(Data supplied)

-- ===== src/JsMap/Laws.antt =====
-- What can be read after a write to a `Map` or a `Set`.
use aiself_healer.Common.{
  keep, Option, String, none, some, List, [], ◌∷◌, ◌==◌, if◌then◌else◌, ◌≡◌, refl, arith, eq_iff,
  eq_refl, find, Bool, false, is_some, ◌||◌,
}
use aiself_healer.JsMap.{JsMap, values, has, get, set, delete, set_has, set_add}

module _ {ℓ} {V : Type ℓ} where
  pub get-set :
      (k j : String) (v : V) (m : JsMap V)
      → get j (set k v m) ≡ (if k == j then some v else get j m)
  unfolding get set
  get-set k j v [] = refl
  get-set k j v ((i, w) ∷ m) = ground (arith, eq_iff k j, eq_iff i k, eq_iff i j, get-set k j v m)

  pub get-delete :
      (k j : String) (m : JsMap V) → get j (delete k m) ≡ (if k == j then none else get j m)
  unfolding get delete
  get-delete k j [] = ground arith
  get-delete k j ((i, w) ∷ m) = ground (arith, eq_iff k j, eq_iff i k, eq_iff i j, get-delete k j m)

pub set_has-set_add :
    (k j : String) (s : List String) → set_has j (set_add k s) ≡ (k == j || set_has j s)
unfolding set_has set_add
set_has-set_add k j [] = ground arith
set_has-set_add k j (i ∷ s) =
    ground (arith, eq_iff k j, eq_iff i k, eq_iff i j, set_has-set_add k j s)

module _ {ℓ} {V : Type ℓ} where
  -- A write at a key that was just written is the one that counts.
  pub set-set : (k : String) (v w : V) (m : JsMap V) → set k w (set k v m) ≡ set k w m
  unfolding set
  set-set k v w [] = ground (arith, eq_refl k)
  set-set k v w ((j, u) ∷ m) = ground (arith, set-set k v w m)

  -- A search that fails still fails after the write of a value that does not fit.
  pub find-values-set-none :
      (p : V → Bool) (k : String) (v : V) (m : JsMap V)
      → find p (values m) ≡ none
      → p v ≡ false
      → find p (values (set k v m)) ≡ none
  unfolding set
  find-values-set-none p k v [] h f = ground arith
  find-values-set-none p k v ((j, u) ∷ m) h f = ground (arith, find-values-set-none p k v m)

  pub has-get : (k : String) (m : JsMap V) → has k m ≡ is_some (get k m)
  unfolding has
  has-get k m = ground arith

  -- Whether the value of a key, if there is one, passes a test.
  abbrev pub fits : (V → Bool) → Option V → Bool
  fits p none = false
  fits p (some v) = p v

  -- A write that replaces nothing that passes the test by something that does not leaves the
  -- values that pass as they are.
  pub keep-values-set_hidden :
      (p : V → Bool) (k : String) (v : V) (m : JsMap V)
      → fits p (get k m) ≡ false
      → p v ≡ false
      → keep p (values (set k v m)) ≡ keep p (values m)
  unfolding get set
  keep-values-set_hidden p k v [] h f = ground arith
  keep-values-set_hidden p k v ((j, u) ∷ m) h f =
      ground (arith, keep-values-set_hidden p k v m, eq_iff j k)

(End Data supplied)

* [To do] The line containing "set_has-set_add k j s)" opens the range, and the last line of the entries closes it; copy that range exactly.

* [Output]
    ground (arith, eq_iff k j, eq_iff i k, eq_iff i j, set_has-set_add k j s)

module _ {ℓ} {V : Type ℓ} where
  -- A write at a key that was just written is the one that counts.
  pub set-set : (k : String) (v w : V) (m : JsMap V) → set k w (set k v m) ≡ set k w m
  unfolding set
  set-set k v w [] = ground (arith, eq_refl k)
  set-set k v w ((j, u) ∷ m) = ground (arith, set-set k v w m)

  -- A search that fails still fails after the write of a value that does not fit.
  pub find-values-set-none :
      (p : V → Bool) (k : String) (v : V) (m : JsMap V)
      → find p (values m) ≡ none
      → p v ≡ false
      → find p (values (set k v m)) ≡ none
  unfolding set
  find-values-set-none p k v [] h f = ground arith
  find-values-set-none p k v ((j, u) ∷ m) h f = ground (arith, find-values-set-none p k v m)

  pub has-get : (k : String) (m : JsMap V) → has k m ≡ is_some (get k m)
  unfolding has
  has-get k m = ground arith

  -- Whether the value of a key, if there is one, passes a test.
  abbrev pub fits : (V → Bool) → Option V → Bool
  fits p none = false
  fits p (some v) = p v

  -- A write that replaces nothing that passes the test by something that does not leaves the
  -- values that pass as they are.
  pub keep-values-set_hidden :
      (p : V → Bool) (k : String) (v : V) (m : JsMap V)
      → fits p (get k m) ≡ false
      → p v ≡ false
      → keep p (values (set k v m)) ≡ keep p (values m)
  unfolding get set
  keep-values-set_hidden p k v [] h f = ground arith
  keep-values-set_hidden p k v ((j, u) ∷ m) h f =
      ground (arith, keep-values-set_hidden p k v m, eq_iff j k)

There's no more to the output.